Figure 1.

Recombinant viruses used in this study. (A) Recombinant murine CMV (MCMV) was made by insertion of genes for NKG2D ligands, RAE-1γ, and murine UL16 binding protein-like transcript-1 (MULT-1) in place of m152 and m145, respectively.
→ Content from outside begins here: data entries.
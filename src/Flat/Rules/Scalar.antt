-- ===== src/Flat/Rules/Scalar.antt =====
-- ayatori/src/flat_representation/rules.rs: `ScalarRule`.
use ayatori.Prelude.{String, Bool, ◌&&◌}
use ayatori.Collections.BTreeMap.{BTreeMap}
use ayatori.Entities.Tags.{FullName, ScalarTag}
use ayatori.Entities.Params.{SessionParameters}
use ayatori.Entities.Value.{SerdeAdapter}
use ayatori.Entities.Function.{ScalarFunction, SerializeAndSignBcFunction}
use ayatori.Graph.Nodes.{ComputeScalar, SerializeAndSignBc, MergeScalars}
use ayatori.Flat.Actions.{Action, compute_scalar, serialize_and_sign_scalar, merge_scalar}
use ayatori.Flat.Conditions.Scalar
use ayatori.Flat.Conditions.Scalar.{
  ScalarCondition, from_compute_scalar, from_dependencies, from_serialize_and_sign_bc,
  from_merged_scalar,
}

pub data ScalarRuleKind (P : SessionParameters) : Type 0 where
  compute : FullName → ScalarFunction P → BTreeMap String ScalarTag → ScalarRuleKind P
  serialize_and_sign :
      FullName
      → SerializeAndSignBcFunction P
      → ScalarTag
      → FullName
      → SerdeAdapter P
      → ScalarRuleKind P
  merge : FullName → ScalarTag → ScalarTag → ScalarRuleKind P

pub record ScalarRule (P : SessionParameters) : Type 0 where
  pub dependencies_condition : ScalarCondition
  pub scalar_condition : ScalarCondition
  pub kind : ScalarRuleKind P

unfoldable pub new_merge : (P : SessionParameters) → MergeScalars → ScalarRule P
new_merge P node = record {
  dependencies_condition = Scalar.empty;
  scalar_condition = from_merged_scalar node;
  kind = merge node.store_in node.left node.right;
}

module _ {P : SessionParameters} where
  unfoldable pub new_compute : ComputeScalar P → ScalarRule P
  new_compute node = record {
    dependencies_condition = from_dependencies node.dependencies;
    scalar_condition = from_compute_scalar node;
    kind = compute node.store_in node.function node.args;
  }

  unfoldable pub new_serialize_and_sign : SerializeAndSignBc P → ScalarRule P
  new_serialize_and_sign node = record {
    dependencies_condition = Scalar.empty;
    scalar_condition = from_serialize_and_sign_bc node;
    kind =
        serialize_and_sign node.store_in node.function node.signs node.message_name
          node.serde_adapter;
  }

  pub update_with_scalar_ready : ScalarRule P → ScalarTag → ScalarRule P
  update_with_scalar_ready r tag = record r {
    scalar_condition = Scalar.update_with_scalar_ready r.scalar_condition tag;
    dependencies_condition = Scalar.update_with_scalar_ready r.dependencies_condition tag;
  }

  pub is_satisfied : ScalarRule P → Bool
  is_satisfied r =
      Scalar.is_satisfied r.dependencies_condition && Scalar.is_satisfied r.scalar_condition

  kind_action : ScalarRuleKind P → Action P
  kind_action (compute store_in function args) =
      compute_scalar (record { store_in = store_in; function = function; args = args })
  kind_action (serialize_and_sign store_in function signs message_name serde_adapter) =
      serialize_and_sign_scalar (record {
        store_in = store_in;
        function = function;
        signs = signs;
        message_name = message_name;
        serde_adapter = serde_adapter;
      })
  kind_action (merge store_in left right) =
      merge_scalar (record { store_in = store_in; left = left; right = right })

  pub into_action : ScalarRule P → Action P
  unfolding kind_action
  into_action r = kind_action r.kind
OVA-derived K^b restricted CD8⁺ T cell epitope SIINFEKL was swapped with D^d restricted viral CD8⁺ T cell epitope of m164 ₁₆₇AGPPRYSRI₁₇₅. (B) Multi-step growth kinetics assay on mouse embryonic fibroblasts (MEF) comparing wild-type (WT) MCMV, RAE-1γMCMV, and MULT-1MCMV is shown. (C,D) MEFs were infected with 1.5 PFU/cell of indicated viruses and expression of NKG2D ligands was evaluated 24 h after infection by staining either with (C) mouse NKG2D-Fc fusion protein (black line) or (D) αRAE-1γ (upper row, black line), αMULT-1 (lower row, black line), and appropriate isotype controls (gray). (E) SVEC4-10 cells were infected with 3 PFU/cell of WT MCMV, Δm145MCMV, and MULT-1MCMV for 16 h. Surface expression of MULT-1 was detected with αMULT-1 (black line) or isotype control (gray).